◆ Given data ◆
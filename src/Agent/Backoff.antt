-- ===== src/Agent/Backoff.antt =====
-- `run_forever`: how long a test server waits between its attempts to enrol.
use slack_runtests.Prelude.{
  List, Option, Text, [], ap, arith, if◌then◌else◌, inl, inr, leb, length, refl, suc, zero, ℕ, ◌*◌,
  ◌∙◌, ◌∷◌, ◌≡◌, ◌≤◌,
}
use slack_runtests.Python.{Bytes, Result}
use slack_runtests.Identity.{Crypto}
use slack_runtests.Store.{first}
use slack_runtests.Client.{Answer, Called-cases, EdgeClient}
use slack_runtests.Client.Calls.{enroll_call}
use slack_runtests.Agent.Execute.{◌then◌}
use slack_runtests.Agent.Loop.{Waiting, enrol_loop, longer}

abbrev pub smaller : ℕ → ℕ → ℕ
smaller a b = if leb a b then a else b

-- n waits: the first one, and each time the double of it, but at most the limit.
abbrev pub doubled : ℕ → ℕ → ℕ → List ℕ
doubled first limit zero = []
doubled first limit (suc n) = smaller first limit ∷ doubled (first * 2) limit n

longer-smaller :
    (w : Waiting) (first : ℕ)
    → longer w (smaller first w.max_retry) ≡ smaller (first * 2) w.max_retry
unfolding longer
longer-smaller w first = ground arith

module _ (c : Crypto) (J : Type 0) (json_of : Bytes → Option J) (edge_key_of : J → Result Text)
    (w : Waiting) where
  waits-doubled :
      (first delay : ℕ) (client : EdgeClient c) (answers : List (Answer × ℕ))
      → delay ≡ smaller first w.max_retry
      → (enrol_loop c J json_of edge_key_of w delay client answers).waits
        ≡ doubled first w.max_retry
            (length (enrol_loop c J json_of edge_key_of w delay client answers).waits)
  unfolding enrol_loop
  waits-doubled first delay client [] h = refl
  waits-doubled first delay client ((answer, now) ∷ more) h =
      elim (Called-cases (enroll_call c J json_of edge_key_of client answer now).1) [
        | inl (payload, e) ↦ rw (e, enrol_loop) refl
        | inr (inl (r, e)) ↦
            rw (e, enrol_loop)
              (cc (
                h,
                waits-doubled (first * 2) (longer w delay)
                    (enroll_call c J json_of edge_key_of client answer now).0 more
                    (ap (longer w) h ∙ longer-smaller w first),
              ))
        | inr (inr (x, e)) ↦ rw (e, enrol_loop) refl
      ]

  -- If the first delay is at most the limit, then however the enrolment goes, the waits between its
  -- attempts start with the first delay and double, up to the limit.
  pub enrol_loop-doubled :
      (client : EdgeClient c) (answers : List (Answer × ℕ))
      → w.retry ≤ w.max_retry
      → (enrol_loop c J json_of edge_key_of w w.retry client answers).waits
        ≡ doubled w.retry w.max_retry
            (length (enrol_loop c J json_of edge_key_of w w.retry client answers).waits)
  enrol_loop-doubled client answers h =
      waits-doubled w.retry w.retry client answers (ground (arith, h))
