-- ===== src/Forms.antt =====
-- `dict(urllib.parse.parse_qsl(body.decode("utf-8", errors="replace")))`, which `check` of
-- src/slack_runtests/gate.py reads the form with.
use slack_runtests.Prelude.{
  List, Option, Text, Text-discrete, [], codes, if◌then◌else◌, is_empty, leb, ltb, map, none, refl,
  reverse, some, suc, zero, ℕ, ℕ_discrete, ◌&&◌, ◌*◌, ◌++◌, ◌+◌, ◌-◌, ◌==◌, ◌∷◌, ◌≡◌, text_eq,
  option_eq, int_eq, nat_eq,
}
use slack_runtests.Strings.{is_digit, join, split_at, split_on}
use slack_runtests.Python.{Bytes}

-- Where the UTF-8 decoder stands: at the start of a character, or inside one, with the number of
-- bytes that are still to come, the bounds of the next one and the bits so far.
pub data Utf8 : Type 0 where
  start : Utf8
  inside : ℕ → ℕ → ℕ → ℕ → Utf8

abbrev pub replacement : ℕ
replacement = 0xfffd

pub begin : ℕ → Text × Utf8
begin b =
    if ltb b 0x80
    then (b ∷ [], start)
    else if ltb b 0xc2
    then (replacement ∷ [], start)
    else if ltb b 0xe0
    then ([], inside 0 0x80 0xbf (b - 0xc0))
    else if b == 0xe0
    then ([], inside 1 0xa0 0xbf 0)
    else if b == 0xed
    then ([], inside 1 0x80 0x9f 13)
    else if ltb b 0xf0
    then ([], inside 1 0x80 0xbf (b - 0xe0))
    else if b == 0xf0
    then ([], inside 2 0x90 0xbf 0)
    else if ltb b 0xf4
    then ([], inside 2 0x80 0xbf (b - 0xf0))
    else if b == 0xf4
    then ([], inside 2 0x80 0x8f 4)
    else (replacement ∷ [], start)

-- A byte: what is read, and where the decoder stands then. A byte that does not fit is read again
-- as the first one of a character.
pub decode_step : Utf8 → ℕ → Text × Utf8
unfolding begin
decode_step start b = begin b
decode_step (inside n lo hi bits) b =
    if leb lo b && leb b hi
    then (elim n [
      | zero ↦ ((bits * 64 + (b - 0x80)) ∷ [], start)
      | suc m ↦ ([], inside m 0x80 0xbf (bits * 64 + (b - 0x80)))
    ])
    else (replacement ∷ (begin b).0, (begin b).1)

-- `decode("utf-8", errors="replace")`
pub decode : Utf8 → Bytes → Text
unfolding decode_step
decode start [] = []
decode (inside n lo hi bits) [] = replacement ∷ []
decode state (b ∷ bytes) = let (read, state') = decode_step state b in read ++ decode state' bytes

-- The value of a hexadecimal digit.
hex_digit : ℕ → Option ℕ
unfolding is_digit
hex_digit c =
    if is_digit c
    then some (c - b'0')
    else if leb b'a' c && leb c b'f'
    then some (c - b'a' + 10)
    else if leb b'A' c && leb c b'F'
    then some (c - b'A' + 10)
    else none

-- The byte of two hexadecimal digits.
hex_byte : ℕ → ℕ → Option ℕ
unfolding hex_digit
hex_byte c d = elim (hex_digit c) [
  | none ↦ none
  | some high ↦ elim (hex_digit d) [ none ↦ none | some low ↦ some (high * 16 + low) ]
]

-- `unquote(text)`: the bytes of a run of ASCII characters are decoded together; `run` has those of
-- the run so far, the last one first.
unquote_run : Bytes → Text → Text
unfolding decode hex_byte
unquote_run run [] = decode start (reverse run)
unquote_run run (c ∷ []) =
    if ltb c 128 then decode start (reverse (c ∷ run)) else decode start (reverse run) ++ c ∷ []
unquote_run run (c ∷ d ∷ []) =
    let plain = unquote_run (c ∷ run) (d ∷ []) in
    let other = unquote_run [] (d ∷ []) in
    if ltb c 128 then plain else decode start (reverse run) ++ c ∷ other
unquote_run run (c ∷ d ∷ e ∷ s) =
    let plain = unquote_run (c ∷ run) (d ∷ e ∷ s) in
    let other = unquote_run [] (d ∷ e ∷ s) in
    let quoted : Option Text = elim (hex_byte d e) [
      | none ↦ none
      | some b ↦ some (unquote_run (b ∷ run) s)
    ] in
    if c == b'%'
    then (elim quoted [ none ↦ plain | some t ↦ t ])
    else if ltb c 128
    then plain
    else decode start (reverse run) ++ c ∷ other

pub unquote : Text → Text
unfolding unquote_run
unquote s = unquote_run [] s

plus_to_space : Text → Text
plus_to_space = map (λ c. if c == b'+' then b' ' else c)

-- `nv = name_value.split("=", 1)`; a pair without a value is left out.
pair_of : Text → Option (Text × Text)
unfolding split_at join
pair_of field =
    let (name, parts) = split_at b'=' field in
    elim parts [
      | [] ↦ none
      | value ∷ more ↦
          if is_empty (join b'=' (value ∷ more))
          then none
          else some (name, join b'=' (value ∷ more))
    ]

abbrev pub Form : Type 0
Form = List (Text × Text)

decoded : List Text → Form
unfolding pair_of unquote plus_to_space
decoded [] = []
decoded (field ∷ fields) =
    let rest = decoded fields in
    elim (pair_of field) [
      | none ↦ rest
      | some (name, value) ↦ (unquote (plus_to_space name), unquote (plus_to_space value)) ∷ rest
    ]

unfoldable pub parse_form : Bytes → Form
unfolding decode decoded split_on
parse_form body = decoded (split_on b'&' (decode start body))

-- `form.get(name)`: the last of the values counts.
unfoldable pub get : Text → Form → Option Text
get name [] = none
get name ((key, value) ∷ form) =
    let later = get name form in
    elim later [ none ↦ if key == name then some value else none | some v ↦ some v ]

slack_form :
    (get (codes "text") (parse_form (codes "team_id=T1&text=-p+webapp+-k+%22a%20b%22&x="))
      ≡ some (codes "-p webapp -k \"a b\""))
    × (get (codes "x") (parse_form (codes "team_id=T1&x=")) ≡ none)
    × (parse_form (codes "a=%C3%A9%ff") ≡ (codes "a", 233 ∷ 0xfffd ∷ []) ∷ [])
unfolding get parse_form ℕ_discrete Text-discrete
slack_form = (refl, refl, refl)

◆ Problem statement ◆
Would you return each line of the material above, unchanged, from the first one through the line where "waits-doubled (first *" appears?

◆ Exercise solution ◆
filename src/Agent/Backoff.antt
-- ===== src/Agent/Backoff.antt =====
-- `run_forever`: how long a test server waits between its attempts to enrol.
use slack_runtests.Prelude.{
  List, Option, Text, [], ap, arith, if◌then◌else◌, inl, inr, leb, length, refl, suc, zero, ℕ, ◌*◌,
  ◌∙◌, ◌∷◌, ◌≡◌, ◌≤◌,
}
use slack_runtests.Python.{Bytes, Result}
use slack_runtests.Identity.{Crypto}
use slack_runtests.Store.{first}
use slack_runtests.Client.{Answer, Called-cases, EdgeClient}
use slack_runtests.Client.Calls.{enroll_call}
use slack_runtests.Agent.Execute.{◌then◌}
use slack_runtests.Agent.Loop.{Waiting, enrol_loop, longer}

abbrev pub smaller : ℕ → ℕ → ℕ
smaller a b = if leb a b then a else b

-- n waits: the first one, and each time the double of it, but at most the limit.
abbrev pub doubled : ℕ → ℕ → ℕ → List ℕ
doubled first limit zero = []
doubled first limit (suc n) = smaller first limit ∷ doubled (first * 2) limit n

longer-smaller :
    (w : Waiting) (first : ℕ)
    → longer w (smaller first w.max_retry) ≡ smaller (first * 2) w.max_retry
unfolding longer
longer-smaller w first = ground arith

module _ (c : Crypto) (J : Type 0) (json_of : Bytes → Option J) (edge_key_of : J → Result Text)
    (w : Waiting) where
  waits-doubled :
      (first delay : ℕ) (client : EdgeClient c) (answers : List (Answer × ℕ))
      → delay ≡ smaller first w.max_retry
      → (enrol_loop c J json_of edge_key_of w delay client answers).waits
        ≡ doubled first w.max_retry
            (length (enrol_loop c J json_of edge_key_of w delay client answers).waits)
  unfolding enrol_loop
  waits-doubled first delay client [] h = refl
  waits-doubled first delay client ((answer, now) ∷ more) h =
      elim (Called-cases (enroll_call c J json_of edge_key_of client answer now).1) [
        | inl (payload, e) ↦ rw (e, enrol_loop) refl
        | inr (inl (r, e)) ↦
            rw (e, enrol_loop)
              (cc (
                h,
                waits-doubled (first * 2) (longer w delay)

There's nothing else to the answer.